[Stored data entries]
Start of Block

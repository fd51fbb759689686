-- ===== src/Tests/Transactions.antt =====
-- Transactions at concrete inputs.
use vechain_sdk_js.Prelude.{◌≡◌, refl, pos, false, Option, some, List, [], ◌∷◌}
use vechain_sdk_js.Result.{ok}
use vechain_sdk_js.Number.{int}
use vechain_sdk_js.Rlp.Profiler.{get_field}
use vechain_sdk_js.Text.{Bytes, starts_with_tag}
use vechain_sdk_js.Crypto.Keys.{HasPlainRecovery}
use vechain_sdk_js.Transaction.Body.{
  Reserved, new_transaction, encoded, is_signed, Transaction, encode_reserved_field,
}
use vechain_sdk_js.Transaction.Reserved.{IsReadBack, decode_reserved-encode_reserved}
use vechain_sdk_js.Transaction.Getters.{HasSameGetters, decode-HasSameGetters}
use vechain_sdk_js.Transaction.Decode.{decode}
use vechain_sdk_js.Transaction.Matched.{IsTaggedBody}
use vechain_sdk_js.Transaction.RoundTrip.{IsSame, decode-encoded}
use vechain_sdk_js.Transaction.Signing.{origin, delegator, address_text, sign, sign_with_delegator}
use vechain_sdk_js.Transaction.Signers.{origin-sign, delegator-sign_with_delegator}
use vechain_sdk_js.Tests.Packages.{test_noble, test_crypto, test_codec}
use vechain_sdk_js.Tests.Bodies.{
  or_empty, plain_body, delegated_body, key, delegator_key, tx_of, empty_transaction, signed_tx,
}

pub sign_check : sign test_noble test_crypto test_codec plain_body key ≡ ok signed_tx
unfolding sign starts_with_tag vechain_sdk_js.Text.strip_sign vechain_sdk_js.Text.is_hex_digits
    vechain_sdk_js.Text.strip_tag vechain_sdk_js.Text.buffer_from_hex
    vechain_sdk_js.Rlp.Kinds.numeric_data vechain_sdk_js.Rlp.Profiler.property
    vechain_sdk_js.Text.to_lower_case vechain_sdk_js.Text.hex_of_bytes
    vechain_sdk_js.Text.Positional.be_bytes vechain_sdk_js.Text.Positional.digits_of
    vechain_sdk_js.Rlp.Kinds.compact_fixed_hex_blob_data
    vechain_sdk_js.Rlp.Kinds.optional_fixed_hex_blob_data vechain_sdk_js.Rlp.Kinds.hex_blob_data
sign_check = refl

abbrev pub signed_bytes : Bytes
signed_bytes = or_empty (encoded test_noble test_codec signed_tx)

pub encoded_check : encoded test_noble test_codec signed_tx ≡ ok signed_bytes
unfolding encoded sign starts_with_tag vechain_sdk_js.Text.strip_sign
    vechain_sdk_js.Text.is_hex_digits vechain_sdk_js.Text.strip_tag
    vechain_sdk_js.Text.buffer_from_hex vechain_sdk_js.Rlp.Kinds.numeric_data
    vechain_sdk_js.Rlp.Profiler.property vechain_sdk_js.Text.to_lower_case
    vechain_sdk_js.Text.hex_of_bytes vechain_sdk_js.Text.Positional.be_bytes
    vechain_sdk_js.Text.Positional.digits_of vechain_sdk_js.Rlp.Kinds.compact_fixed_hex_blob_data
    vechain_sdk_js.Rlp.Kinds.optional_fixed_hex_blob_data vechain_sdk_js.Rlp.Kinds.hex_blob_data
    vechain_sdk_js.Rlp.Kinds.buffer_data
encoded_check = refl

pub new_transaction_check : new_transaction plain_body signed_tx.signature ≡ ok signed_tx
unfolding new_transaction sign starts_with_tag vechain_sdk_js.Text.strip_sign
    vechain_sdk_js.Text.is_hex_digits vechain_sdk_js.Text.strip_tag
    vechain_sdk_js.Text.buffer_from_hex vechain_sdk_js.Rlp.Kinds.numeric_data
    vechain_sdk_js.Rlp.Profiler.property vechain_sdk_js.Text.to_lower_case
    vechain_sdk_js.Text.hex_of_bytes vechain_sdk_js.Text.Positional.be_bytes
    vechain_sdk_js.Text.Positional.digits_of vechain_sdk_js.Rlp.Kinds.compact_fixed_hex_blob_data
    vechain_sdk_js.Rlp.Kinds.optional_fixed_hex_blob_data vechain_sdk_js.Rlp.Kinds.hex_blob_data
new_transaction_check = refl

pub plain_body-IsTaggedBody : IsTaggedBody plain_body
unfolding starts_with_tag get_field
plain_body-IsTaggedBody = record {
  depends_on = tt;
  clauses = ((refl, (tt, (refl, tt))), ((refl, (tt, (refl, tt))), tt));
}

decode-encoded_example :
    (other : Transaction) × (decode test_noble test_codec signed_bytes (is_signed signed_tx)
      ≡ ok other)
    × IsSame test_noble test_codec signed_tx other
decode-encoded_example =
    decode-encoded test_noble test_codec plain_body signed_tx.signature signed_tx signed_bytes
      new_transaction_check plain_body-IsTaggedBody encoded_check

decode-HasSameGetters_example :
    (other : Transaction) × (decode test_noble test_codec signed_bytes (is_signed signed_tx)
      ≡ ok other)
    × HasSameGetters test_noble test_crypto test_codec signed_tx other
decode-HasSameGetters_example =
    decode-HasSameGetters test_noble test_crypto test_codec plain_body signed_tx.signature signed_tx
      signed_bytes new_transaction_check plain_body-IsTaggedBody encoded_check

test-HasPlainRecovery : (k : Bytes) → HasPlainRecovery test_crypto k
test-HasPlainRecovery k h = refl

origin-sign_example :
    origin test_noble test_crypto test_codec signed_tx
    ≡ address_text test_noble test_crypto test_codec (test_crypto.get_public_key key false)
origin-sign_example =
    origin-sign test_noble test_crypto test_codec plain_body key signed_tx
      (test-HasPlainRecovery key) sign_check

abbrev pub delegated_tx : Transaction
delegated_tx =
    tx_of (sign_with_delegator test_noble test_crypto test_codec delegated_body key delegator_key)
      (empty_transaction delegated_body)

pub sign_with_delegator_check :
    sign_with_delegator test_noble test_crypto test_codec delegated_body key delegator_key
    ≡ ok delegated_tx
unfolding sign_with_delegator starts_with_tag vechain_sdk_js.Text.strip_sign
    vechain_sdk_js.Text.is_hex_digits vechain_sdk_js.Text.strip_tag
    vechain_sdk_js.Text.buffer_from_hex vechain_sdk_js.Rlp.Kinds.numeric_data
    vechain_sdk_js.Text.to_lower_case vechain_sdk_js.Text.hex_of_bytes
    vechain_sdk_js.Text.Positional.be_bytes vechain_sdk_js.Text.Positional.digits_of
    vechain_sdk_js.Rlp.Profiler.property vechain_sdk_js.Rlp.Kinds.compact_fixed_hex_blob_data
    vechain_sdk_js.Rlp.Kinds.optional_fixed_hex_blob_data vechain_sdk_js.Rlp.Kinds.hex_blob_data
    vechain_sdk_js.Rlp.Kinds.buffer_data
sign_with_delegator_check = refl

delegator-sign_with_delegator_example :
    (origin test_noble test_crypto test_codec delegated_tx
      ≡ address_text test_noble test_crypto test_codec (test_crypto.get_public_key key false))
    × (delegator test_noble test_crypto test_codec delegated_tx
        ≡ address_text test_noble test_crypto test_codec
            (test_crypto.get_public_key delegator_key false))
delegator-sign_with_delegator_example =
    delegator-sign_with_delegator test_noble test_crypto test_codec delegated_body key delegator_key
      delegated_tx (test-HasPlainRecovery key) (test-HasPlainRecovery delegator_key)
      sign_with_delegator_check

abbrev some_reserved : Option Reserved
some_reserved = some (record { features = some (int (pos 3)); unused = some ((7 ∷ []) ∷ [] ∷ []) })

abbrev reserved_bytes : List Bytes
reserved_bytes = (3 ∷ []) ∷ (7 ∷ []) ∷ []

reserved_check : encode_reserved_field test_noble some_reserved ≡ ok reserved_bytes
unfolding encode_reserved_field vechain_sdk_js.Rlp.Kinds.numeric_data
    vechain_sdk_js.Text.to_lower_case vechain_sdk_js.Text.hex_of_bytes
    vechain_sdk_js.Text.Positional.be_bytes vechain_sdk_js.Text.Positional.digits_of
    vechain_sdk_js.Text.buffer_from_hex
reserved_check = refl

decode_reserved-encode_reserved_example : IsReadBack test_noble some_reserved reserved_bytes
decode_reserved-encode_reserved_example =
    decode_reserved-encode_reserved test_noble some_reserved reserved_bytes reserved_check
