-- ===== src/Tests/Sending.antt =====
-- Building, sending and waiting for transactions, at concrete inputs.
use vechain_sdk_js.Prelude.{
  ℕ, zero, suc, ◌≡◌, ◌<◌, refl, pos, Bool, true, ◌&&◌, Option, some, none, [], ◌∷◌, ltb, All, arith,
  if◌then◌else◌,
}
use vechain_sdk_js.Result.{ok}
use vechain_sdk_js.Text.{Text, Bytes, codes}
use vechain_sdk_js.Text.Bytes.{IsByte}
use vechain_sdk_js.Number.{int}
use vechain_sdk_js.Transaction.Body.{TransactionBody}
use vechain_sdk_js.Provider.Details.{TransactionReceipt, CompressedBlockDetail}
use vechain_sdk_js.ThorClient.Http.{Http}
use vechain_sdk_js.ThorClient.Blocks.{get_genesis_block, get_best_block_compressed}
use vechain_sdk_js.ThorClient.Names.{resolve_names_in_clauses}
use vechain_sdk_js.ThorClient.Transactions.{get_transaction_receipt}
use vechain_sdk_js.ThorClient.Sending.{
  WaitForTransactionOptions, send_transaction, wait_for_transaction,
}
use vechain_sdk_js.ThorClient.Sent.{text_of_bytes, send_transaction-encoded}
use vechain_sdk_js.ThorClient.Awaited.{wait_for_transaction-found}
use vechain_sdk_js.ThorClient.BlockWaiting.{
  WaitForBlockOptions, compressed, wait_for_block_expanded,
}
use vechain_sdk_js.ThorClient.Building.{TransactionBodyOptions, build_transaction_body}
use vechain_sdk_js.ThorClient.Built.{IsBlockId, IsBuilt, is_true, build_transaction_body-IsBuilt}
use vechain_sdk_js.Tests.Packages.{test_noble, test_codec}
use vechain_sdk_js.Tests.Bodies.{plain_body, signed_tx}
use vechain_sdk_js.Tests.Receipts.{
  id_of, test_http, test_clause, test_header, first_transaction, receipt_of,
}
use vechain_sdk_js.Tests.Transactions.{
  signed_bytes, encoded_check, new_transaction_check, plain_body-IsTaggedBody,
}

unfoldable pub all_bytes : Bytes → Bool
all_bytes [] = true
all_bytes (b ∷ bs) = ltb b 256 && all_bytes bs

pub all_bytes_lem : (bs : Bytes) → all_bytes bs ≡ true → All IsByte bs
unfolding all_bytes
all_bytes_lem [] h = tt
all_bytes_lem (b ∷ bs) h =
    let first : b < 256 = ground (arith, h) in
    let rest : all_bytes bs ≡ true = ground (arith, h) in (first, all_bytes_lem bs rest)

pub signed_bytes_check : all_bytes signed_bytes ≡ true
unfolding all_bytes vechain_sdk_js.Transaction.Body.encoded vechain_sdk_js.Transaction.Signing.sign
    vechain_sdk_js.Text.starts_with_tag vechain_sdk_js.Text.strip_sign
    vechain_sdk_js.Text.is_hex_digits vechain_sdk_js.Text.strip_tag
    vechain_sdk_js.Text.buffer_from_hex vechain_sdk_js.Rlp.Kinds.numeric_data
    vechain_sdk_js.Rlp.Profiler.property vechain_sdk_js.Text.to_lower_case
    vechain_sdk_js.Text.hex_of_bytes vechain_sdk_js.Text.Positional.be_bytes
    vechain_sdk_js.Text.Positional.digits_of vechain_sdk_js.Rlp.Kinds.compact_fixed_hex_blob_data
    vechain_sdk_js.Rlp.Kinds.optional_fixed_hex_blob_data vechain_sdk_js.Rlp.Kinds.hex_blob_data
    vechain_sdk_js.Rlp.Kinds.buffer_data
signed_bytes_check = refl

abbrev bytes_of : Option Bytes → Bytes
bytes_of none = []
bytes_of (some b) = b

send_transaction-encoded_example :
    send_transaction test_noble test_codec test_http signed_tx
    ≡ test_http.send_transaction (text_of_bytes signed_bytes)
unfolding vechain_sdk_js.Transaction.Signing.sign vechain_sdk_js.Text.starts_with_tag
    vechain_sdk_js.Text.strip_sign vechain_sdk_js.Text.is_hex_digits vechain_sdk_js.Text.strip_tag
    vechain_sdk_js.Text.buffer_from_hex vechain_sdk_js.Rlp.Kinds.numeric_data
    vechain_sdk_js.Rlp.Profiler.property vechain_sdk_js.Text.to_lower_case
    vechain_sdk_js.Text.hex_of_bytes vechain_sdk_js.Text.Positional.be_bytes
    vechain_sdk_js.Text.Positional.digits_of vechain_sdk_js.Rlp.Kinds.compact_fixed_hex_blob_data
    vechain_sdk_js.Rlp.Kinds.optional_fixed_hex_blob_data vechain_sdk_js.Rlp.Kinds.hex_blob_data
send_transaction-encoded_example =
    send_transaction-encoded test_noble test_codec test_http plain_body
      (bytes_of signed_tx.signature) signed_tx signed_bytes new_transaction_check
      plain_body-IsTaggedBody encoded_check (all_bytes_lem signed_bytes signed_bytes_check)

-- A node that has the receipt from the third round on.
abbrev test_receipt : TransactionReceipt
test_receipt = receipt_of first_transaction

abbrev receipt_from : ℕ → Option TransactionReceipt
receipt_from i = if ltb i 2 then none else some test_receipt

abbrev later_http : ℕ → Http
later_http i = record test_http { transaction_receipt = λ path query. ok (receipt_from i) }

abbrev no_options : WaitForTransactionOptions
no_options = record { timeout_ms = none; interval_ms = none }

receipt_missing :
    (i : ℕ) → i < 2 → get_transaction_receipt (later_http i) (id_of b'a') none ≡ ok none
unfolding get_transaction_receipt vechain_sdk_js.Text.is_hex_digits vechain_sdk_js.Text.strip_tag
    vechain_sdk_js.Text.strip_sign vechain_sdk_js.Text.starts_with_tag
receipt_missing zero h = refl
receipt_missing (suc zero) h = refl
receipt_missing (suc (suc i)) h = absurd (omega (arith, h))

receipt_found : get_transaction_receipt (later_http 2) (id_of b'a') none ≡ ok (some test_receipt)
unfolding get_transaction_receipt vechain_sdk_js.Text.is_hex_digits vechain_sdk_js.Text.strip_tag
    vechain_sdk_js.Text.strip_sign vechain_sdk_js.Text.starts_with_tag
receipt_found = refl

wait_for_transaction-found_example :
    wait_for_transaction 3 later_http (λ i. pos i) (id_of b'a') no_options
    ≡ ok (some (record { result = ok (some test_receipt); iterations = 3 }))
unfolding vechain_sdk_js.Vcdm.ThorId.is_valid vechain_sdk_js.Text.is_hex_digits
    vechain_sdk_js.Text.strip_tag vechain_sdk_js.Text.strip_sign vechain_sdk_js.Text.starts_with_tag
wait_for_transaction-found_example =
    wait_for_transaction-found later_http (λ i. pos i) (id_of b'a') no_options refl 2 3 test_receipt
      refl refl receipt_missing receipt_found (omega arith)

abbrev digits : Text
digits = codes "00000000851caf3cfdb6e899cf5958bfb1ac3413d346d43539627e6be7ec1b4a"

abbrev test_genesis : CompressedBlockDetail
test_genesis = record {
  header = record test_header { id = b'0' ∷ b'x' ∷ digits };
  transactions = [];
}

abbrev genesis_http : Http
genesis_http = record test_http { compressed_block = λ path query. ok (some test_genesis) }

abbrev delegated_options : TransactionBodyOptions
delegated_options = record {
  block_ref = none;
  chain_tag = none;
  depends_on = none;
  expiration = none;
  gas_price_coef = none;
  is_delegated = some true;
  nonce = none;
}

digits-IsBlockId : IsBlockId (b'0' ∷ b'x' ∷ digits)
unfolding vechain_sdk_js.Text.is_hex_digits
digits-IsBlockId = record { digits = digits; tagged = refl; size = refl; hexadecimal = refl }

resolved_check : resolve_names_in_clauses genesis_http (test_clause ∷ []) ≡ ok (test_clause ∷ [])
unfolding resolve_names_in_clauses
resolved_check = refl

build_transaction_body-IsBuilt_example :
    (body : TransactionBody) × (build_transaction_body genesis_http
        (codes "0x01")
        (test_clause ∷ [])
        (int (pos 21000))
        delegated_options
      ≡ ok body)
    × IsBuilt body (is_true (some true))
unfolding get_genesis_block get_best_block_compressed vechain_sdk_js.Vcdm.Revision.is_valid_number
    vechain_sdk_js.Text.starts_with_tag vechain_sdk_js.Text.strip_sign
build_transaction_body-IsBuilt_example =
    build_transaction_body-IsBuilt genesis_http test_genesis test_genesis (test_clause ∷ [])
      (test_clause ∷ []) refl refl resolved_check digits-IsBlockId digits-IsBlockId (codes "0x01")
      (int (pos 21000)) delegated_options refl refl

-- The best block of the node has the number 7. A wait for an expanded block gives a compressed one.
abbrev block_options : WaitForBlockOptions
block_options = record { timeout_ms = none; interval_ms = none }

waited_check :
    wait_for_block_expanded 1 (λ i. test_http) (λ i. pos i) (pos 7) block_options
    ≡ ok (
        some (record {
          result = ok (some (compressed (record { header = test_header; transactions = [] })));
          iterations = 1;
        }))
unfolding wait_for_block_expanded vechain_sdk_js.Text.starts_with_tag vechain_sdk_js.Text.strip_sign
waited_check = refl
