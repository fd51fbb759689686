-- ===== src/Tests/Signers.antt =====
-- The signer of a private key, at concrete inputs.
use vechain_sdk_js.Prelude.{◌≡◌, ◌<◌, refl, subst, true, some, none, [], ◌∷◌, ◌++◌, All, arith}
use vechain_sdk_js.Result.{
  Result, ok, err, ◌>>=◌, require-eq-ok, ok-injective, invalid_secp256k1_message_hash,
  invalid_secp256k1_private_key,
}
use vechain_sdk_js.Text.{Text, Bytes, codes, buffer_from_hex}
use vechain_sdk_js.Text.Bytes.{IsByte, buffer_from_hex-hex_of_bytes}
use vechain_sdk_js.Crypto
use vechain_sdk_js.Transaction.Body.{encoded}
use vechain_sdk_js.Transaction.Signing.{get_signature_hash_for}
use vechain_sdk_js.ThorClient.Http.{Http}
use vechain_sdk_js.ThorClient.Sending.{send_raw_transaction}
use vechain_sdk_js.ThorClient.Sent.{text_of_bytes}
use vechain_sdk_js.Signer.Populating.{TransactionRequestInput, populate_call}
use vechain_sdk_js.Signer.Messages.{envelope, add_to_last}
use vechain_sdk_js.Signer.Delegation.{delegator_url}
use vechain_sdk_js.Signer.PrivateKey.{encoded_text, sign_with_delegator_options, sign_populated}
use vechain_sdk_js.Signer.Delegated.{
  Sponsors, sign_with_delegator_options-url, send_raw_transaction-sign_populated,
}
use vechain_sdk_js.Tests.Packages.{test_noble, test_crypto, test_codec, byte_of, zeros-IsByte}
use vechain_sdk_js.Tests.Bodies.{
  or_empty, recipient, plain_body, delegated_body, key, delegator_key, signed_tx, empty_transaction,
}
use vechain_sdk_js.Tests.Receipts.{test_http, test_clause}
use vechain_sdk_js.Tests.Transactions.{
  sign_check, signed_bytes, encoded_check, plain_body-IsTaggedBody, delegated_tx,
  sign_with_delegator_check,
}
use vechain_sdk_js.Tests.Sending.{all_bytes, all_bytes_lem, signed_bytes_check}

send_raw_transaction-sign_populated_example :
    (sign_populated test_noble test_crypto test_codec test_http plain_body key none
      >>= send_raw_transaction test_noble test_codec test_http)
    ≡ test_http.send_transaction (text_of_bytes signed_bytes)
send_raw_transaction-sign_populated_example =
    send_raw_transaction-sign_populated test_noble test_crypto test_codec test_http plain_body key
      signed_bytes signed_tx plain_body-IsTaggedBody sign_check encoded_check
      (all_bytes_lem signed_bytes signed_bytes_check)

-- A delegator that signs this body for any origin.
abbrev sponsor_answer : Text → Result Text
sponsor_answer sender = do
  hash ← get_signature_hash_for test_noble test_crypto test_codec delegated_body sender
  signature ← Crypto.sign test_crypto hash delegator_key
  ok (text_of_bytes signature)

abbrev sponsor_http : Http
sponsor_http = record test_http { delegation_signature = λ url sender raw. sponsor_answer sender }

delegator_byte : byte_of delegator_key < 256
delegator_byte = omega arith

sign-IsByte :
    (hash signature : Bytes)
    → Crypto.sign test_crypto hash delegator_key ≡ ok signature
    → All IsByte signature
unfolding Crypto.sign
sign-IsByte hash signature h =
    let (fits, h1) =
      require-eq-ok (Crypto.is_valid_message_hash test_crypto hash) invalid_secp256k1_message_hash _
        _ h in
    let (valid, h2) =
      require-eq-ok (test_crypto.is_valid_key delegator_key) invalid_secp256k1_private_key _ _ h1 in
    subst (All IsByte) (ok-injective h2) (delegator_byte, zeros-IsByte 64)

sponsor_http-Sponsors :
    Sponsors test_noble test_crypto test_codec sponsor_http
      (codes "https://sponsor")
      delegator_key
      delegated_body
sponsor_http-Sponsors sender b hash signature e is_hash is_signature = (
  text_of_bytes signature,
  rw (is_hash, is_signature) refl,
  buffer_from_hex-hex_of_bytes signature (sign-IsByte hash signature is_signature),
)

abbrev unsigned_bytes : Bytes
unsigned_bytes = or_empty (encoded test_noble test_codec (empty_transaction delegated_body))

unsigned_check :
    encoded test_noble test_codec (empty_transaction delegated_body) ≡ ok unsigned_bytes
unfolding encoded vechain_sdk_js.Rlp.Kinds.numeric_data vechain_sdk_js.Text.to_lower_case
    vechain_sdk_js.Text.hex_of_bytes vechain_sdk_js.Text.Positional.be_bytes
    vechain_sdk_js.Text.Positional.digits_of vechain_sdk_js.Rlp.Profiler.property
    vechain_sdk_js.Rlp.Kinds.compact_fixed_hex_blob_data vechain_sdk_js.Text.is_hex_digits
    vechain_sdk_js.Text.strip_tag vechain_sdk_js.Text.strip_sign
    vechain_sdk_js.Rlp.Kinds.optional_fixed_hex_blob_data vechain_sdk_js.Rlp.Kinds.hex_blob_data
    buffer_from_hex vechain_sdk_js.Rlp.Kinds.buffer_data
unsigned_check = refl

unsigned_bytes_check : all_bytes unsigned_bytes ≡ true
unfolding all_bytes encoded vechain_sdk_js.Rlp.Kinds.numeric_data vechain_sdk_js.Text.to_lower_case
    vechain_sdk_js.Text.hex_of_bytes vechain_sdk_js.Text.Positional.be_bytes
    vechain_sdk_js.Text.Positional.digits_of vechain_sdk_js.Rlp.Profiler.property
    vechain_sdk_js.Rlp.Kinds.compact_fixed_hex_blob_data vechain_sdk_js.Text.is_hex_digits
    vechain_sdk_js.Text.strip_tag vechain_sdk_js.Text.strip_sign
    vechain_sdk_js.Rlp.Kinds.optional_fixed_hex_blob_data vechain_sdk_js.Rlp.Kinds.hex_blob_data
    buffer_from_hex vechain_sdk_js.Rlp.Kinds.buffer_data
unsigned_bytes_check = refl

sign_with_delegator_options-url_example :
    sign_with_delegator_options test_noble test_crypto test_codec sponsor_http delegated_body key
      (delegator_url (codes "https://sponsor"))
    ≡ encoded_text test_noble test_crypto test_codec delegated_tx
sign_with_delegator_options-url_example =
    sign_with_delegator_options-url test_noble test_crypto test_codec sponsor_http delegated_body
      key delegator_key unsigned_bytes (codes "https://sponsor") delegated_tx sponsor_http-Sponsors
      unsigned_check (all_bytes_lem unsigned_bytes unsigned_bytes_check) sign_with_delegator_check

abbrev test_request : TransactionRequestInput
test_request = record {
  to = none;
  from = none;
  nonce = none;
  gas = none;
  gas_price_coef = none;
  payload = some (codes "0x00");
  value = none;
  clauses = some (test_clause ∷ []);
  depends_on = none;
  expiration = none;
  block_ref = none;
  chain_tag = none;
}

abbrev request_or :
    TransactionRequestInput → Result TransactionRequestInput → TransactionRequestInput
request_or other (ok tx) = tx
request_or other (err e) = other

abbrev populated_request : TransactionRequestInput
populated_request =
    request_or test_request (populate_call test_noble test_crypto recipient test_request)

envelope_check :
    envelope (codes "hello") ≡ 25 ∷ (codes "Ethereum Signed Message:" ++ 10 ∷ codes "5hello")
unfolding envelope vechain_sdk_js.Text.Positional.digits_of
envelope_check = refl

last_check : add_to_last (7 ∷ 1 ∷ []) ≡ 7 ∷ 28 ∷ []
unfolding add_to_last
last_check = refl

End of Block

## Directions for this task
Give back one number only: the count of lines in the entries that hold the string "Prelude".

## Written solution
3